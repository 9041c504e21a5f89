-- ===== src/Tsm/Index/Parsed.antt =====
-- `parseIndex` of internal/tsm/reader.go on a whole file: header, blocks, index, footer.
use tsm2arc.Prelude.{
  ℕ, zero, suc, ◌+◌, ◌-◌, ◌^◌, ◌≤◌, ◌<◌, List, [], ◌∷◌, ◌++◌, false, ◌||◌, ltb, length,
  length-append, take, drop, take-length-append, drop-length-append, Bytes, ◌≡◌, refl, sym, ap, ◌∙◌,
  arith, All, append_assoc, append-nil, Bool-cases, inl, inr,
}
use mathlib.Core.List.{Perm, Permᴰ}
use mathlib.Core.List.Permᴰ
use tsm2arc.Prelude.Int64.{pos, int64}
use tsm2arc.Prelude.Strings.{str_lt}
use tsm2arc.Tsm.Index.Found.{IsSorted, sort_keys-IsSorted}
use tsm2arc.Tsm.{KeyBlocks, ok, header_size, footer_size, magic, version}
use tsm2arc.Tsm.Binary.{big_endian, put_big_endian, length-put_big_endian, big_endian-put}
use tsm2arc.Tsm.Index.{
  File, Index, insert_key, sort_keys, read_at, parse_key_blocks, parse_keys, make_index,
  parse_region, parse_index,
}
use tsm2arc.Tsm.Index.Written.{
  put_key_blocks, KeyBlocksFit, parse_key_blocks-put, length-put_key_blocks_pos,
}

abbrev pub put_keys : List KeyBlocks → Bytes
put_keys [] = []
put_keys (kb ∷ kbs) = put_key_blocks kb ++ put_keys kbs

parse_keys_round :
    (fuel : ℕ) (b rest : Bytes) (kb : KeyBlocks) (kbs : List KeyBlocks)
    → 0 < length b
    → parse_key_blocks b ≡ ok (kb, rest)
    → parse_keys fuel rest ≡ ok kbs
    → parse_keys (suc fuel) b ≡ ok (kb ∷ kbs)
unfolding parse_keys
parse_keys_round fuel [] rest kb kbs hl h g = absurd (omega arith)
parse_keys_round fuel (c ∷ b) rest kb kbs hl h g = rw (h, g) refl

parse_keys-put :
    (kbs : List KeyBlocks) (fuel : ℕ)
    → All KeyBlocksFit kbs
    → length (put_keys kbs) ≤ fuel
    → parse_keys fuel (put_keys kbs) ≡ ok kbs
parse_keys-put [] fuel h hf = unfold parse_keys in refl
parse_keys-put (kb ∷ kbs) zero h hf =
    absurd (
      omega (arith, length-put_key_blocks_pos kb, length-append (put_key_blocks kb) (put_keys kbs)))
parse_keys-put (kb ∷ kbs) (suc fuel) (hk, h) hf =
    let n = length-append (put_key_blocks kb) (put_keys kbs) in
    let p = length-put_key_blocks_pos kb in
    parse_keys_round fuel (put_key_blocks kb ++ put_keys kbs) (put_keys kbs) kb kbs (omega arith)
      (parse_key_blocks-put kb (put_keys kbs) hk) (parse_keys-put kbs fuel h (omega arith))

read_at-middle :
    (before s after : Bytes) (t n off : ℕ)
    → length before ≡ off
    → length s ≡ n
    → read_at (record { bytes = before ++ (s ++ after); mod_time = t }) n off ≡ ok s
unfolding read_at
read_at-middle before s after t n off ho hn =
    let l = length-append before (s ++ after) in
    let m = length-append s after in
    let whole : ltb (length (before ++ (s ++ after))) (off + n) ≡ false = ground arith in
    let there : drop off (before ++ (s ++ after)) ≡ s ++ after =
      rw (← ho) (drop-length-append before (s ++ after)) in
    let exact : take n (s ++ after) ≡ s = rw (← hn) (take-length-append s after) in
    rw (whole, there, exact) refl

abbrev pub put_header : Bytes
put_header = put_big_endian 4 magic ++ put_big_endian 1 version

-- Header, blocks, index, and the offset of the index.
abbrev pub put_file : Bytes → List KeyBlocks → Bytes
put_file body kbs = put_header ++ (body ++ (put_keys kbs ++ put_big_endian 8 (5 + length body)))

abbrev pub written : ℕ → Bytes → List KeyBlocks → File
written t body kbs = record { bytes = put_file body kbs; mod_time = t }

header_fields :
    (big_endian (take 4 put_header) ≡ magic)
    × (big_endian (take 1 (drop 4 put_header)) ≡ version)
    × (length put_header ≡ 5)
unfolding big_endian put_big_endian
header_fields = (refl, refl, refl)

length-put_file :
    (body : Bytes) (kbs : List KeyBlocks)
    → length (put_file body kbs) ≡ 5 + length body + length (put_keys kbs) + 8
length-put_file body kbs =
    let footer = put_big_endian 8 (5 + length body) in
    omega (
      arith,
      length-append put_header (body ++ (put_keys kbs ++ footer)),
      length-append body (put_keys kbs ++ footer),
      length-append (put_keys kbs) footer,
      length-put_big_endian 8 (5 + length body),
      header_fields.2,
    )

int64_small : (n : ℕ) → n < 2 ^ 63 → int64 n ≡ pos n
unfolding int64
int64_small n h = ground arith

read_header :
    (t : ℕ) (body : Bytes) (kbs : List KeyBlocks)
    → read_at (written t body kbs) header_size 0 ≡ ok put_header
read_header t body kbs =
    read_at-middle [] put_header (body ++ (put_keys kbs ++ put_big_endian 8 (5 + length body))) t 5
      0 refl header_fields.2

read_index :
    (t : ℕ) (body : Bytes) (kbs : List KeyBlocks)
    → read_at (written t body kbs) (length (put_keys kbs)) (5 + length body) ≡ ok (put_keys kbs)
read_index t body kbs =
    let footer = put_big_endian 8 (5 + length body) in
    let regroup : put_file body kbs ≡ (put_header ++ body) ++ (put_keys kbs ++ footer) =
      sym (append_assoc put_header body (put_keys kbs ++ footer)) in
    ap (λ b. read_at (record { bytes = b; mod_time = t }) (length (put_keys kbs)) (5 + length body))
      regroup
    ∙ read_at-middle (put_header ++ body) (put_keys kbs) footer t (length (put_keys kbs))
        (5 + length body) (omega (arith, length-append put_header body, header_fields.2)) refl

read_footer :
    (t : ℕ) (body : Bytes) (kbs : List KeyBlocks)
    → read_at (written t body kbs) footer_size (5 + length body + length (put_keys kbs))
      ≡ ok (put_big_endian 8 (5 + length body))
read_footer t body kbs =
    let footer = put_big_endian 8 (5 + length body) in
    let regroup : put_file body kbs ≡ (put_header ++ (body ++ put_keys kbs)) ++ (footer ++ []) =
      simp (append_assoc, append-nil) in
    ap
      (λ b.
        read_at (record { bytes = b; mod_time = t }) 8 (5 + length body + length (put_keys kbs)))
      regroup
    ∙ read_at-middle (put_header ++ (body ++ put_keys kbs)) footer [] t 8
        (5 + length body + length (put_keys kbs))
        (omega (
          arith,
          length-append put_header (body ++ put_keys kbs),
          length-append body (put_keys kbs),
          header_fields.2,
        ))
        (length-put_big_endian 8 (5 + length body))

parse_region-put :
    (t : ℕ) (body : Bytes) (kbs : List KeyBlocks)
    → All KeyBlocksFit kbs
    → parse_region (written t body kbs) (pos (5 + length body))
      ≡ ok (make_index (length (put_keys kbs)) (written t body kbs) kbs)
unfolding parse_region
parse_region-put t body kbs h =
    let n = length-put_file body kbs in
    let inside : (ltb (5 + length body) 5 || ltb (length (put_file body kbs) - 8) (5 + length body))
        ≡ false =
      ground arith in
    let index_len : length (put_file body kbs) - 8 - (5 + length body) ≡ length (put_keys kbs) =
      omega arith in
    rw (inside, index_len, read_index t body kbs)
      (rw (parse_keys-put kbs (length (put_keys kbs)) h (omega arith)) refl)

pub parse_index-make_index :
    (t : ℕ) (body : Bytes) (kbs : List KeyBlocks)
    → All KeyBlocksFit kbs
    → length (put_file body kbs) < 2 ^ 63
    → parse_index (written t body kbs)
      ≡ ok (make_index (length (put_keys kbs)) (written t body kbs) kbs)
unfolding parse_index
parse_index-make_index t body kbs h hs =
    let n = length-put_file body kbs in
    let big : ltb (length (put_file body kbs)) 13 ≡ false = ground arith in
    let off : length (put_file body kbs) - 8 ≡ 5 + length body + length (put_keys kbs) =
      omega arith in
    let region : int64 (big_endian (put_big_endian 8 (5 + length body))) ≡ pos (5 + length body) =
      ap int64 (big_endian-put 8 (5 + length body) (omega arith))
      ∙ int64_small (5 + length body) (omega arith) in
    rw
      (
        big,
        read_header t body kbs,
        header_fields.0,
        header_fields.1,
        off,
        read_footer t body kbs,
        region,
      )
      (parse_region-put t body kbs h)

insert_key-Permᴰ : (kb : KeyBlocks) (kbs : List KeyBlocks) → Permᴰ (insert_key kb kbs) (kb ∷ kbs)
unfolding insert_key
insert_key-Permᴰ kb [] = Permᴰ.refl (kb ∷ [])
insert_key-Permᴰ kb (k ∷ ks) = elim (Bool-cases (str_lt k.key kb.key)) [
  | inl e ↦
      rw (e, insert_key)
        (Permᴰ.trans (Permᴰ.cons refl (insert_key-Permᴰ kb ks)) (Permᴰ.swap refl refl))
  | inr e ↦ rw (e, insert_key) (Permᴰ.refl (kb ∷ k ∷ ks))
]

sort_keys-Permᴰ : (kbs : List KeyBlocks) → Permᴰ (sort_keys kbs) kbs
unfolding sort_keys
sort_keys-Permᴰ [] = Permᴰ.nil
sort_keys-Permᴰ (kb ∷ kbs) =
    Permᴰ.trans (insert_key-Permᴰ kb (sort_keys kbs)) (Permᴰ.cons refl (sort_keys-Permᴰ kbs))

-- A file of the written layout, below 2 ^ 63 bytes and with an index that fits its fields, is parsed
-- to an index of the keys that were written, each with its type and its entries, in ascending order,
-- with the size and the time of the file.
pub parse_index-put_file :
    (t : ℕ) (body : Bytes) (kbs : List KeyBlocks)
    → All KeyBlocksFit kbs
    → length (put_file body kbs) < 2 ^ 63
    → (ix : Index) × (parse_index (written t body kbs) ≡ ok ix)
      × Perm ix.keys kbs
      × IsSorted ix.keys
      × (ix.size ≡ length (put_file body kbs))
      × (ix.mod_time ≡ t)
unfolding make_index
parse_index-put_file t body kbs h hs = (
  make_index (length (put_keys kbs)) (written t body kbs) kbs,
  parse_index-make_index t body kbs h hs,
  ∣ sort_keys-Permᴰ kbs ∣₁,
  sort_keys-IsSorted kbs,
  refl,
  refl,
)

== == ==

Every line above that holds the word "record" is to be found and copied.

**Solution below:**
    → read_at (record { bytes = before ++ (s ++ after); mod_time = t }) n off ≡ ok s
written t body kbs = record { bytes = put_file body kbs; mod_time = t }
    ap (λ b. read_at (record { bytes = b; mod_time = t }) (length (put_keys kbs)) (5 + length body))
        read_at (record { bytes = b; mod_time = t }) 8 (5 + length body + length (put_keys kbs)))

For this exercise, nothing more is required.